Portugal : après la crise économique, la crise politique

Par latribune.fr  |   |  678  mots
Le Parlement portugais a voté ce vendredi, contre l'avis du gouvernement minoritaire socialiste, une hausse des crédits aux régions autonomes des Açores et de Madère, alors que le pays est en pleine tourmente en raison de l'ampleur de ses déficits.

Au Portugal, les problèmes politiques viennent se greffer aux problèmes financiers. Alors que le pays est confronté à un lourd déficit public, l'opposition au Parlement a rejeté ce vendredi certaines mesures d'austérité proposées par le gouvernement socialiste, minoritaire.

Ainsi, l'ensemble de l'opposition, de droite comme de gauche, a décidé d'adopter sa propre proposition et d'augmenter, dans le cadre de la loi de finances régionales, les transferts financiers accordés aux régions autonomes des Açores et de Madère, qui ont également obtenu l'autorisation de s'endetter de 50 millions d'euros par an jusqu'en 2013.

Pour le Premier ministre, José Socrates, ce vote constitue un camouflet au moment où il tente de convaincre les marchés, les agences de notation et ses partenaires européens de sa capacité à redresser les finances publiques.

Jeudi, le ministre des Finances, Fernando Teixeira dos Santos, avait mis en garde contre les "implications graves" de cette modification à la loi sur "la crédibilité de la politique budgétaire" du Portugal. Il avait averti qu'il utiliserait "tous les instruments politiques et légaux" pour empêcher son application.

"Crise artificielle"

De son côté, l'opposition portugaise a accusé le gouvernement de vouloir créer une "crise artificielle pour fuir ses responsabilités", soulignant que la hausse de crédits votée représentait une "part infime" du déficit public, qui s'élevait en 2009 à 15,36 milliards d'euros, soit 9,3% du PIB, un record depuis l'avènement de la démocratie en 1974.

Le gouvernement - qui doit présenter dans les deux semaines un plan global d'austérité - s'est engagé à réduire son déficit à 8,3% du PIB en 2010 et à le faire passer sous la barre des 3% d'ici à 2013. Il s'est aussi engagé à "corriger la trajectoire prise par la dette publique", selon les termes de Fernando Teixeira dos Santos, dette qui s'est élevée en 2009 à 76,6% du PIB et devrait atteindre 85,4% du PIB en 2010.

Mais le Portugal peine à convaincre les investisseurs. Les craintes scénario à la grecque, dont les déficits et la dette publics sont si élevés que la Commission européenne a décidé mercredi de placer le pays sous une quasi-tutelle, ont fait plonger les marchés jeudi dans l'ensemble de la péninsule ibérique.

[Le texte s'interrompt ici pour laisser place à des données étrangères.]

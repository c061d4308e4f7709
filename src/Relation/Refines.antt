-- ===== src/Relation/Refines.antt =====
-- The specification of a relation and its cursor: a sorted list of records and a position in it. The
-- child modules are about these functions of relation.h: RL_PutRecord, the moves to a key, to the
-- first record and to the next one, RL_GetKey, RL_GetRecord and RL_CursorIsValid. The moves to the
-- previous record, RL_IsEmpty and RL_NumRecords stand in Relation/Api.
pub mod Moving
pub mod Finding
pub mod Putting
pub mod Lookup
use deep_spec_db.Base.{ℕ, ◌^◌, ◌≡◌, true, List, length}
use deep_spec_db.Relation.{Ancestors, Relation, Cursor}
use deep_spec_db.Relation.Contents.{contents}
use deep_spec_db.Relation.Order.{IsOrdered, IsSized}
use deep_spec_db.Relation.Position.{IsAt}

-- Keys are of type `size_t`.
abbrev pub key_limit : ℕ
key_limit = 2 ^ 64

-- The representation invariant of a relation.
pub record IsRelation {ℓ} {V : Type ℓ} (r : Relation V) : Type ℓ where
  pub ordered : IsOrdered V r.depth r.root 0 true key_limit true
  pub sized : IsSized V r.depth 0 r.root
  pub counted : r.num_records ≡ length (contents r)

module _ {ℓ} {V : Type ℓ} where
  -- The cursor `p` of the relation has `k` records before it.
  abbrev pub At : (r : Relation V) → Ancestors r.depth → ℕ → Type ℓ
  At r p k = IsAt V r.depth r.root p k

  abbrev pub cursor : (r : Relation V) → Ancestors r.depth → Cursor V
  cursor r p = record { relation = r; idx = p }
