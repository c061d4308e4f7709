-- ===== src/Relation/Insertion.antt =====
-- Insertion into the entries of a leaf: the index that the search finds is where the sorted
-- association list has the key, or would have it.
use deep_spec_db.Base.{
  ℕ, suc, ◌≤◌, ◌<◌, ◌≡◌, refl, ap, true, false, List, [], ◌∷◌, arith, length, insert_at, leb, ◌≢◌,
  sym, inl, inr, Bool-cases, leb→le, le→leb, lt→ltb, ltb-eq-false, leb-eq-false, leb-lt, ◌∙◌,
  ==-eq-false,
}
use deep_spec_db.Relation.Search.{find_record_index}
use deep_spec_db.Relation.Put.{holds_key, set_ptr}
use deep_spec_db.Relation.Contents.{insert}
use deep_spec_db.Relation.Order.{Ascends}

module _ {ℓ} {V : Type ℓ} (key : ℕ) (v : V) where
  -- Where the leaf holds the key, the store to the record is the insertion.
  pub insert-set_ptr :
      (lo hi : ℕ) (es : List (ℕ × V))
      → Ascends lo hi es
      → holds_key es (find_record_index key es) key ≡ true
      → let es' = set_ptr es (find_record_index key es) v in
        (es' ≡ insert key v es)
        × Ascends lo hi es'
        × (length es' ≡ length es)
        × (find_record_index key es' ≡ find_record_index key es)
  unfolding find_record_index holds_key set_ptr insert
  insert-set_ptr lo hi [] s h = cc
  insert-set_ptr lo hi (e ∷ es) s h = ground (arith, insert-set_ptr (suc e.0) hi es s.1)

  pub insert-below :
      (e : ℕ × V) (es : List (ℕ × V)) → key < e.0 → insert key v (e ∷ es) ≡ (key, v) ∷ e ∷ es
  unfolding insert
  insert-below e es h = rw (lt→ltb key e.0 h)

  pub insert-above :
      (e : ℕ × V) (es : List (ℕ × V)) → e.0 < key → insert key v (e ∷ es) ≡ e ∷ insert key v es
  unfolding insert
  insert-above e es h = rw (ltb-eq-false key e.0 (omega arith), ==-eq-false key e.0 (omega arith))

  pub find_record_index_stop :
      (e : ℕ × V) (es : List (ℕ × V)) → key ≤ e.0 → find_record_index key (e ∷ es) ≡ 0
  unfolding find_record_index
  find_record_index_stop e es h = rw (le→leb key e.0 h)

  pub find_record_index_pass :
      (e : ℕ × V) (es : List (ℕ × V))
      → e.0 < key
      → find_record_index key (e ∷ es) ≡ suc (find_record_index key es)
  unfolding find_record_index
  find_record_index_pass e es h = rw (leb-eq-false key e.0 h)

  holds_key_tail :
      (e : ℕ × V) (es : List (ℕ × V))
      → find_record_index key (e ∷ es) ≡ suc (find_record_index key es)
      → holds_key (e ∷ es) (find_record_index key (e ∷ es)) key ≡ false
      → holds_key es (find_record_index key es) key ≡ false
  unfolding holds_key
  holds_key_tail e es pass h = rw pass at h

  -- Elsewhere the new entry goes before the entry that the search found.
  pub insert-insert_at :
      (lo hi : ℕ) (es : List (ℕ × V))
      → Ascends lo hi es
      → lo ≤ key
      → key < hi
      → holds_key es (find_record_index key es) key ≡ false
      → let es' = insert_at (find_record_index key es) (key, v) es in
        (es' ≡ insert key v es)
        × Ascends lo hi es'
        × (find_record_index key es' ≡ find_record_index key es)
  insert-insert_at lo hi [] s l u h =
      unfold find_record_index insert in (refl, (l, u), rw (le→leb key key (omega arith)))
  insert-insert_at lo hi (e ∷ es) s l u h = elim (Bool-cases (leb key e.0)) [
    | inl le ↦
        let stop = find_record_index_stop e es (leb→le key e.0 le) in
        let ne : e.0 ≢ key = unfold holds_key in ground (arith, stop) in
        rw stop (
          sym (insert-below e es (omega (arith, leb→le key e.0 le))),
          (l, (omega (arith, leb→le key e.0 le), s.1)),
          find_record_index_stop (key, v) (e ∷ es) (omega arith),
        )
    | inr gt ↦
        let above : e.0 < key = leb-lt key e.0 gt in
        let pass = find_record_index_pass e es above in
        let absent : holds_key es (find_record_index key es) key ≡ false =
          holds_key_tail e es pass h in
        let r = insert-insert_at (suc e.0) hi es s.1 above u absent in
        rw pass (
          ap (λ (t : List (ℕ × V)). e ∷ t) r.0 ∙ sym (insert-above e es above),
          (s.0, r.1),
          find_record_index_pass e _ above ∙ ap suc r.2,
        )
  ]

La Bourse de Madrid a fini la séance en piqué, perdant 5,94%, tandis que Lisbonne dévissait de 4,98%, nettement plus que les autres places européennes.

La "proie" des marchés ?

Après la Grèce, le Portugal est devenu la nouvelle "proie" des marchés, a accusé Fernando Teixeira dos Santos, dénonçant le comportement "irrationnel" des investisseurs.

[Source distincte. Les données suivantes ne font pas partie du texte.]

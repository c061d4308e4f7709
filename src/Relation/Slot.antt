-- ===== src/Relation/Slot.antt =====
-- The child of an intern node that covers a key: its place among the children, and what replacing
-- it, alone or by two children with a new key between them, does to the node.
use deep_spec_db.Base.{
  ℕ, zero, suc, ◌≤◌, ◌<◌, ◌≡◌, refl, ap, sym, ◌∙◌, Bool, false, some, List, [], ◌∷◌, ◌++◌,
  append-nil, append_assoc, arith, take, insert_at, inl, inr, ltb, Bool-cases, ltb→lt, ltb-le,
  le→leb, leb-eq-false,
}
use deep_spec_db.Relation.{BtNode}
use deep_spec_db.Relation.Search.{child_index, find_record_index, child}
use deep_spec_db.Relation.Put.{set_ptr, set_child}
use deep_spec_db.Relation.Contents.{flat}
use deep_spec_db.Relation.Position.{before}
use deep_spec_db.Relation.Order.{Ascends, Separates, append-Ascends}

module _ {ℓ κ} {A : Type ℓ} {X : Type κ} (g : A → List (ℕ × X)) where
  -- The records below an intern node.
  abbrev pub below : BtNode A A → List (ℕ × X)
  below n = g n.ptr0 ++ flat g n.entries

module _ {ℓ} {A : Type ℓ} where
  abbrev pub with_entry : BtNode A A → ℕ → ℕ × A → BtNode A A
  with_entry n i e = record n { entries = insert_at i e n.entries }

-- The place `i` of a node's child, its bounds, and the effect of a change there.
pub record Slot {ℓ κ} {A : Type ℓ} {X : Type κ} (P : A → ℕ → Bool → ℕ → Bool → Type 0)
    (g : A → List (ℕ × X)) (lo : ℕ) (first : Bool) (hi : ℕ) (last : Bool) (key : ℕ) (n : BtNode A A)
    (i : ℕ) : Type (ℓ ⊔ κ) where
  pub here : A
  pub low : ℕ
  pub high : ℕ
  pub at_first : Bool
  pub at_last : Bool
  pub at_child : child n i ≡ some here
  pub good : P here low at_first high at_last
  pub lo_le : lo ≤ low
  pub low_le : low ≤ key
  pub key_lt : key < high
  pub pre : List (ℕ × X)
  pub post : List (ℕ × X)
  pub pre_ascends : Ascends lo low pre
  pub post_ascends : Ascends high hi post
  pub pre_before : pre ≡ before g n i
  pub whole : below g n ≡ pre ++ (g here ++ post)
  pub child_set : (a : A) → child (set_child n i a) i ≡ some a
  pub whole_set : (a : A) → below g (set_child n i a) ≡ pre ++ (g a ++ post)
  pub good_set :
      (a : A)
      → P a low at_first high at_last
      → Separates P lo first hi last (set_child n i a).ptr0 (set_child n i a).entries
  pub whole_split :
      (a : A) (k : ℕ) (b : A)
      → below g (with_entry (set_child n i a) i (k, b)) ≡ pre ++ ((g a ++ g b) ++ post)
  pub good_split :
      (a : A) (k : ℕ) (b : A)
      → P a low at_first k false
      → low < k
      → k < high
      → P b k false high at_last
      → Separates P lo first hi last
          (set_child n i a).ptr0
          (insert_at i (k, b) (set_child n i a).entries)
  pub index_split :
      (a : A) (k : ℕ) → low < k → k < high → find_record_index k (set_child n i a).entries ≡ i

module _ {ℓ κ} {A : Type ℓ} {X : Type κ} (P : A → ℕ → Bool → ℕ → Bool → Type 0)
    (g : A → List (ℕ × X))
    (ascends : (c : A) (lo : ℕ) (first : Bool) (hi : ℕ) (last : Bool)
      → P c lo first hi last
      → Ascends lo hi (g c)) where
  -- The records of well-ordered children ascend.
  pub below-Ascends :
      (lo : ℕ) (first : Bool) (hi : ℕ) (last : Bool) (c : A) (es : List (ℕ × A))
      → Separates P lo first hi last c es
      → Ascends lo hi (g c ++ flat g es)
  unfolding flat
  below-Ascends lo first hi last c [] h = rw append-nil (ascends c lo first hi last h)
  below-Ascends lo first hi last c (e ∷ es) h =
      append-Ascends lo e.0 hi (g c) _ (ascends c lo first e.0 false h.0)
        (below-Ascends e.0 false hi last e.1 es h.2)

  Slot-only :
      (n : BtNode A A) (lo : ℕ) (first : Bool) (hi : ℕ) (last : Bool) (key : ℕ) (c : A)
      → lo ≤ key
      → key < hi
      → P c lo first hi last
      → Slot P g lo first hi last key (record n { ptr0 = c; entries = [] }) 0
  unfolding flat child set_child find_record_index
  Slot-only n lo first hi last key c l u h = record {
    here = c;
    low = lo;
    high = hi;
    at_first = first;
    at_last = last;
    at_child = refl;
    good = h;
    lo_le = omega arith;
    low_le = l;
    key_lt = u;
    pre = [];
    post = [];
    pre_ascends = omega arith;
    post_ascends = omega arith;
    pre_before = refl;
    whole = refl;
    child_set = λ a. refl;
    whole_set = λ a. refl;
    good_set = λ a p. p;
    whole_split = λ a k b. sym (append_assoc (g a) (g b) []);
    good_split = λ a k b p lk kh q. (p, lk, q);
    index_split = λ a k lk kh. refl;
  }

  Slot-before :
      (n : BtNode A A) (lo : ℕ) (first : Bool) (hi : ℕ) (last : Bool) (key : ℕ) (c : A) (e : ℕ × A)
      (es : List (ℕ × A))
      → lo ≤ key
      → key < e.0
      → Separates P lo first hi last c (e ∷ es)
      → Slot P g lo first hi last key (record n { ptr0 = c; entries = e ∷ es }) 0
  unfolding flat child set_child find_record_index
  Slot-before n lo first hi last key c e es l u h = record {
    here = c;
    low = lo;
    high = e.0;
    at_first = first;
    at_last = false;
    at_child = refl;
    good = h.0;
    lo_le = omega arith;
    low_le = l;
    key_lt = u;
    pre = [];
    post = g e.1 ++ flat g es;
    pre_ascends = omega arith;
    post_ascends = below-Ascends e.0 false hi last e.1 es h.2;
    pre_before = refl;
    whole = refl;
    child_set = λ a. refl;
    whole_set = λ a. refl;
    good_set = λ a p. (p, h.1, h.2);
    whole_split = λ a k b. sym (append_assoc (g a) (g b) (g e.1 ++ flat g es));
    good_split = λ a k b p lk kh q. (p, lk, (q, kh, h.2));
    index_split = λ a k lk kh. rw (le→leb k e.0 (omega arith));
  }

  set_child-next :
      (n : BtNode A A) (c : A) (e : ℕ × A) (es : List (ℕ × A)) (i : ℕ) (a : A)
      → let m = set_child (record n { ptr0 = e.1; entries = es }) i a in
        set_child (record n { ptr0 = c; entries = e ∷ es }) (suc i) a
        ≡ record n { ptr0 = c; entries = (e.0, m.ptr0) ∷ m.entries }
  unfolding set_child set_ptr
  set_child-next n c e es zero a = refl
  set_child-next n c e es (suc i) a = refl

  child-next :
      (n : BtNode A A) (c : A) (e : ℕ × A) (es : List (ℕ × A)) (i : ℕ)
      → child (record n { ptr0 = c; entries = e ∷ es }) (suc i)
        ≡ child (record n { ptr0 = e.1; entries = es }) i
  unfolding child
  child-next n c e es zero = refl
  child-next n c e es (suc i) = refl

  child-record :
      (n m : BtNode A A) (i : ℕ)
      → child (record n { ptr0 = m.ptr0; entries = m.entries }) i ≡ child m i
  unfolding child
  child-record n m zero = refl
  child-record n m (suc i) = refl

  before_next :
      (n : BtNode A A) (c : A) (e : ℕ × A) (es : List (ℕ × A)) (i : ℕ)
      → before g (record n { ptr0 = e.1; entries = es }) i ≡ flat g (take i (e ∷ es))
  unfolding flat
  before_next n c e es zero = refl
  before_next n c e es (suc i) = refl

  Slot-after :
      (n : BtNode A A) (lo : ℕ) (first : Bool) (hi : ℕ) (last : Bool) (key : ℕ) (c : A) (e : ℕ × A)
      (es : List (ℕ × A)) (i : ℕ)
      → P c lo first e.0 false
      → lo < e.0
      → Slot P g e.0 false hi last key (record n { ptr0 = e.1; entries = es }) i
      → Slot P g lo first hi last key (record n { ptr0 = c; entries = e ∷ es }) (suc i)
  unfolding flat find_record_index
  Slot-after n lo first hi last key c e es i p lt s = record {
    here = s.here;
    low = s.low;
    high = s.high;
    at_first = s.at_first;
    at_last = s.at_last;
    at_child = child-next n c e es i ∙ s.at_child;
    good = s.good;
    lo_le = omega (arith, s.lo_le);
    low_le = s.low_le;
    key_lt = s.key_lt;
    pre = g c ++ s.pre;
    post = s.post;
    pre_ascends =
        append-Ascends lo e.0 s.low (g c) s.pre (ascends c lo first e.0 false p) s.pre_ascends;
    post_ascends = s.post_ascends;
    pre_before = ap (λ (t : List (ℕ × X)). g c ++ t) (s.pre_before ∙ before_next n c e es i);
    whole = ap (λ (t : List (ℕ × X)). g c ++ t) s.whole ∙ sym (append_assoc (g c) s.pre _);
    child_set = λ a. rw (set_child-next n c e es i a) (
        child-next n c (e.0, (set_child (record n { ptr0 = e.1; entries = es }) i a).ptr0) _ i
        ∙ child-record n (set_child (record n { ptr0 = e.1; entries = es }) i a) i
        ∙ s.child_set a);
    whole_set = λ a.
        rw (set_child-next n c e es i a)
          (ap (λ (t : List (ℕ × X)). g c ++ t) (s.whole_set a) ∙ sym (append_assoc (g c) s.pre _));
    good_set = λ a q. rw (set_child-next n c e es i a) (p, lt, s.good_set a q);
    whole_split = λ a k b. rw (set_child-next n c e es i a) (
        ap (λ (t : List (ℕ × X)). g c ++ t) (s.whole_split a k b)
        ∙ sym (append_assoc (g c) s.pre _));
    good_split =
        λ a k b q lk kh r. rw (set_child-next n c e es i a) (p, lt, s.good_split a k b q lk kh r);
    index_split = λ a k lk kh.
        rw (set_child-next n c e es i a, leb-eq-false k e.0 (omega (arith, s.lo_le)))
          (ap suc (s.index_split a k lk kh));
  }

  -- The position that `findChildIndex` returns is the slot of the key.
  pub slot :
      (n : BtNode A A) (lo : ℕ) (first : Bool) (hi : ℕ) (last : Bool) (key : ℕ) (c : A)
      (es : List (ℕ × A))
      → lo ≤ key
      → key < hi
      → Separates P lo first hi last c es
      → Slot P g lo first hi last key (record n { ptr0 = c; entries = es }) (child_index key es)
  unfolding child_index
  slot n lo first hi last key c [] l u h = Slot-only n lo first hi last key c l u h
  slot n lo first hi last key c (e ∷ es) l u h = elim (Bool-cases (ltb key e.0)) [
    | inl lt ↦ rw lt (Slot-before n lo first hi last key c e es l (ltb→lt key e.0 lt) h)
    | inr ge ↦ rw ge (
        Slot-after n lo first hi last key c e es (child_index key es) h.0 h.1
          (slot n e.0 false hi last key e.1 es (ltb-le key e.0 ge) u h.2))
  ]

De même, le gouvernement a estimé que la pression exercée sur les emprunts d'Etat lusitaniens résultait avant tout de la "grande volatilité des marchés". L'organisme de gestion de la dette portugaise a renoncé à une émission de bons du Trésor mercredi, en raison de la hausse des coûts d'emprunt, ce que le marché obligataire n'a guère apprécié.  Par ailleurs, le parlement portugais avait à peine entamé les discussions sur la loi de finances régionales que le coût de l'assurance de la dette portugaise contre un défaut a fait un bond .

Les responsables économiques de la zone euro ont bien tenté ces derniers jours de rassurer sur les Etats du sud de l'Europe, appelés autrefois avec mépris "pays du Club Med" par l'Allemagne et les Pays-Bas, et regroupés désormais avec l'Irlande dans le club des "Pigs" (Portugal, Ireland, Greece, Spain).

L'Espagne et le Portugal ne présentent "pas de risque" pour la stabilité de la zone euro, a affirmé jeudi le chef de file des ministres des Finances de la zone euro, Jean-Claude Juncker. Les mesures d'économies budgétaires de la Grèce sont "des pas dans la bonne direction", a estimé mercredi le président de la Banque centrale européenne, Jean-Claude Trichet.

Mais "les marchés semblent en être à un stade où les mots ne suffisent plus", ont analysé dans une note les économistes de la Royal Bank of Scotland.